» **What you need to do**: Only one stretch of the records below should be repeated. It starts with the line containing "let same : str_eq" and goes on through the line containing "-- epoch, and the stored row stays.", exactly as written.

Stored items:
____

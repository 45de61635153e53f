-- ===== src/CoreEpoch/Identity.antt =====
-- core_epoch.go: an epoch belongs to one core process, and later processes have later ones.
use passwall_node.Prelude.{
  ℕ, ◌<◌, ◌≡◌, refl, true, false, Option, none, some, String, str_eq, str_eq→eq, str_eq_refl, ok,
  arith, Bool-cases, ◌⊎◌, inl, inr, transact, ◌∙◌, sym, subst,
}
use passwall_node.CoreEpoch.{
  CounterEpoch, claim_core_counter_epoch, claim_row, claim_stored, first_epoch, identity_refused,
}

-- Claims of any processes, one after the other, and whether they succeed or fail.
pub data Claims : Option CounterEpoch → Option CounterEpoch → Type 0 where
  no_claim : (row : Option CounterEpoch) → Claims row row
  claimed :
      (identity : String) (seed : Option ℕ) {row row' : Option CounterEpoch}
      → Claims row row'
      → Claims row (claim_core_counter_epoch identity seed row').0

-- The stored row is at least as late as `epoch`, and if it is not later it is of the process.
abbrev Since : String → ℕ → Option CounterEpoch → Type 0
Since identity epoch none = ⊥
Since identity epoch (some row) =
    (epoch < row.counter_epoch) ⊎ ((row.counter_epoch ≡ epoch) × (row.process_identity ≡ identity))

-- A claim that succeeds stores its epoch and its process.
claim_stores :
    (identity : String) (seed : Option ℕ) (row row' : Option CounterEpoch) (epoch : ℕ)
    → claim_core_counter_epoch identity seed row ≡ (row', ok epoch)
    → (r : CounterEpoch) × (row' ≡ some r)
      × (r.counter_epoch ≡ epoch)
      × (r.process_identity ≡ identity)
unfolding claim_core_counter_epoch claim_row claim_stored first_epoch
claim_stores identity seed row row' epoch h = elim (Bool-cases (identity_refused identity)) [
  | inl bad ↦ ground (arith, h, bad)
  | inr good ↦ go row (rw good at h)
]
  where
    go :
        (row : Option CounterEpoch)
        → transact row (claim_row identity seed row) ≡ (row', ok epoch)
        → (r : CounterEpoch) × (row' ≡ some r)
          × (r.counter_epoch ≡ epoch)
          × (r.process_identity ≡ identity)
    go none h = (
      record { process_identity = identity; counter_epoch = epoch },
      ground (arith, h),
      refl,
      refl,
    )
    go (some r) h = elim (Bool-cases (str_eq r.process_identity identity)) [
      | inl same ↦ (
        r,
        ground (arith, h, same),
        ground (arith, h, same),
        str_eq→eq r.process_identity identity same,
      )
      | inr other ↦ (
        record { process_identity = identity; counter_epoch = epoch },
        ground (arith, h, other),
        refl,
        refl,
      )
    ]

claim-Since :
    (identity : String) (epoch : ℕ) (claimer : String) (seed : Option ℕ) (row : Option CounterEpoch)
    → Since identity epoch row
    → Since identity epoch (claim_core_counter_epoch claimer seed row).0
unfolding claim_core_counter_epoch claim_row claim_stored
claim-Since identity epoch claimer seed none s = elim s [ ]
claim-Since identity epoch claimer seed (some r) s = elim (Bool-cases (identity_refused claimer)) [
  | inl bad ↦ rw bad s
  | inr good ↦ elim (Bool-cases (str_eq r.process_identity claimer)) [
    | inl same ↦ ground (arith, good, same, s)
    | inr other ↦ ground (arith, good, other, s)
  ]
]

claims-Since :
    (identity : String) (epoch : ℕ) {row row' : Option CounterEpoch}
    → Claims row row'
    → Since identity epoch row
    → Since identity epoch row'
claims-Since identity epoch (no_claim row) s = s
claims-Since identity epoch (claimed claimer seed {row} {row'} cs) s =
    claim-Since identity epoch claimer seed row' (claims-Since identity epoch cs s)

-- An epoch that a process has claimed is its own: a claim that succeeds later, after any claims in
-- between, gives a greater epoch, or it gives the same one and is the same process's.
pub later_claim :
    (a b : String) (seed seed' : Option ℕ) (row0 row1 row2 row3 : Option CounterEpoch)
    (epoch epoch' : ℕ)
    → claim_core_counter_epoch a seed row0 ≡ (row1, ok epoch)
    → Claims row1 row2
    → claim_core_counter_epoch b seed' row2 ≡ (row3, ok epoch')
    → (epoch < epoch') ⊎ ((epoch' ≡ epoch) × (b ≡ a))
later_claim a b seed seed' row0 row1 row2 row3 epoch epoch' h cs h' =
    let (r1, w1, e1, i1) = claim_stores a seed row0 row1 epoch h in
    let (r3, w3, e3, i3) = claim_stores b seed' row2 row3 epoch' h' in
    let start : Since a epoch row1 = rw w1 (inr (e1, i1)) in
    let done = claim-Since a epoch b seed' row2 (claims-Since a epoch cs start) in
    let end : Since a epoch row3 = subst (λ x. Since a epoch x.0) h' done in
    let last : Since a epoch (some r3) = (rw w3 at end) in
    elim last [ inl l ↦ inl (omega (arith, l, e3)) | inr (e, i) ↦ inr (sym e3 ∙ e, sym i3 ∙ i) ]

claim_positive :
    (identity : String) (seed : Option ℕ) (row row' : Option CounterEpoch) (epoch : ℕ)
    → claim_core_counter_epoch identity seed row ≡ (row', ok epoch)
    → (identity_refused identity ≡ false) × (0 < epoch)
unfolding claim_core_counter_epoch claim_row claim_stored first_epoch
claim_positive identity seed none row' epoch h = ground (arith, h)
claim_positive identity seed (some r) row' epoch h =
    elim (Bool-cases (str_eq r.process_identity identity)) [
      | inl same ↦ ground (arith, h, same)
      | inr other ↦ ground (arith, h, other)
    ]

claim_own :
    (identity : String) (seed : Option ℕ) (r : CounterEpoch)
    → identity_refused identity ≡ false
    → r.process_identity ≡ identity
    → 0 < r.counter_epoch
    → claim_core_counter_epoch identity seed (some r) ≡ (some r, ok r.counter_epoch)
unfolding claim_core_counter_epoch claim_row claim_stored
claim_own identity seed r good own positive =
    let same : str_eq r.process_identity identity ≡ true = rw own (str_eq_refl identity) in
    ground (arith, good, same, positive)

-- A process that has claimed an epoch and claims again, with no other claim in between, gets the same
-- epoch, and the stored row stays.
claimed_again :
    (identity : String) (seed seed' : Option ℕ) (row row' : Option CounterEpoch) (epoch : ℕ)
    → claim_core_counter_epoch identity seed row ≡ (row', ok epoch)
    → claim_core_counter_epoch identity seed' row' ≡ (row', ok epoch)
claimed_again identity seed seed' row row' epoch h =
    let (r, w, e, i) = claim_stores identity seed row row' epoch h in
    let (good, positive) = claim_positive identity seed row row' epoch h in
    let own = claim_own identity seed' r good i (omega (arith, e, positive)) in
    ground (arith, own, w, e)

____

» **Exercise output**:
    let same : str_eq r.process_identity identity ≡ true = rw own (str_eq_refl identity) in
    ground (arith, good, same, positive)

-- A process that has claimed an epoch and claims again, with no other claim in between, gets the same
-- epoch, and the stored row stays.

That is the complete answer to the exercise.